• [TRY IT]:
Every entry that follows should be written out again exactly.
*** Begin section ***
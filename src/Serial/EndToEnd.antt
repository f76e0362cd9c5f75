-- ===== src/Serial/EndToEnd.antt =====
-- From the line to Python: the reader thread and the delivery one behind the other.
use p.Common.{ℕ, ◌^◌, ◌≡◌, ◌≤◌, ◌<◌, true, List, ap, subst, arith, [], ◌++◌, some, length, All}
use p.Serial.State.{Shared, ring_bytes}
use p.Serial.Queue.{Frame, used}
use p.Serial.Ring.Fifo.{Holds}
use p.Serial.Reader.Stream.{View}
use p.Serial.Reader.Frame.{Shows}
use p.Serial.Reader.Sent.{sent, IsSendable}
use p.Serial.ReaderThread.{Round, Thread, goes_on, thread_run}
use p.Serial.ReaderThread.Delivery.{Delivers, thread_run-sent}
use p.Serial.Deliver.{Call, deliver_batch}
use p.Serial.Deliver.Whole.{IsCalm, handed, deliver_batch-all}

-- A sender encodes up to 1024 frames, each short enough for the frame buffer and all of them for
-- the ring, and ends each with a zero. However the port cuts these bytes into reads, the thread
-- that starts with an empty ring and an empty frame buffer reads them without a fault while the
-- flags stay set and its counter of frames is below 2 ^ 64, and then an undisturbed delivery
-- hands Python exactly these frames, in order, and leaves the ring empty.
pub deliver-thread_run :
    {rounds : List Round} (t : Thread) (v : View) (fs : List Frame) (c : Call)
    → Delivers rounds (sent fs)
    → Shows t.reader v []
    → v.queue ≡ []
    → v.frames < 2 ^ 64
    → All IsSendable fs
    → length fs ≤ 1024
    → used fs ≤ ring_bytes
    → c.py_enabled ≡ true
    → c.list_ok ≡ true
    → ((j : ℕ) → IsCalm (c.rounds j))
    → (t' : Thread) × (s : Shared) × (thread_run t rounds ≡ some (goes_on t'))
      × (deliver_batch c t'.reader.shared ≡ some (s, handed fs))
      × Holds s.ring []
deliver-thread_run t v fs c d h empty counted short few fit on ok calm =
    let (t', run, shows) =
      thread_run-sent t v fs d h short counted (omega (arith, ap used empty)) in
    let (s, e, rest) =
      deliver_batch-all c t'.reader.shared fs on ok calm
        (subst (λ q. Holds t'.reader.shared.ring (q ++ fs)) empty shows.shared.ring) few in
    (t', s, run, e, rest)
*** End section ***
• [RESPONSE BELOW]:
filename src/Serial/EndToEnd.antt
repository f76e0362cd9c5f75
-- ===== src/Serial/EndToEnd.antt =====
-- From the line to Python: the reader thread and the delivery one behind the other.
use p.Common.{ℕ, ◌^◌, ◌≡◌, ◌≤◌, ◌<◌, true, List, ap, subst, arith, [], ◌++◌, some, length, All}
use p.Serial.State.{Shared, ring_bytes}
use p.Serial.Queue.{Frame, used}
use p.Serial.Ring.Fifo.{Holds}
use p.Serial.Reader.Stream.{View}
use p.Serial.Reader.Frame.{Shows}
use p.Serial.Reader.Sent.{sent, IsSendable}
use p.Serial.ReaderThread.{Round, Thread, goes_on, thread_run}
use p.Serial.ReaderThread.Delivery.{Delivers, thread_run-sent}
use p.Serial.Deliver.{Call, deliver_batch}
use p.Serial.Deliver.Whole.{IsCalm, handed, deliver_batch-all}

-- A sender encodes up to 1024 frames, each short enough for the frame buffer and all of them for
-- the ring, and ends each with a zero. However the port cuts these bytes into reads, the thread
-- that starts with an empty ring and an empty frame buffer reads them without a fault while the
-- flags stay set and its counter of frames is below 2 ^ 64, and then an undisturbed delivery
-- hands Python exactly these frames, in order, and leaves the ring empty.
pub deliver-thread_run :
    {rounds : List Round} (t : Thread) (v : View) (fs : List Frame) (c : Call)
    → Delivers rounds (sent fs)
    → Shows t.reader v []
    → v.queue ≡ []
    → v.frames < 2 ^ 64
    → All IsSendable fs
    → length fs ≤ 1024
    → used fs ≤ ring_bytes
    → c.py_enabled ≡ true
    → c.list_ok ≡ true
    → ((j : ℕ) → IsCalm (c.rounds j))
    → (t' : Thread) × (s : Shared) × (thread_run t rounds ≡ some (goes_on t'))
      × (deliver_batch c t'.reader.shared ≡ some (s, handed fs))
      × Holds s.ring []
deliver-thread_run t v fs c d h empty counted short few fit on ok calm =
    let (t', run, shows) =
      thread_run-sent t v fs d h short counted (omega (arith, ap used empty)) in
    let (s, e, rest) =
      deliver_batch-all c t'.reader.shared fs on ok calm
        (subst (λ q. Holds t'.reader.shared.ring (q ++ fs)) empty shows.shared.ring) few in
    (t', s, run, e, rest)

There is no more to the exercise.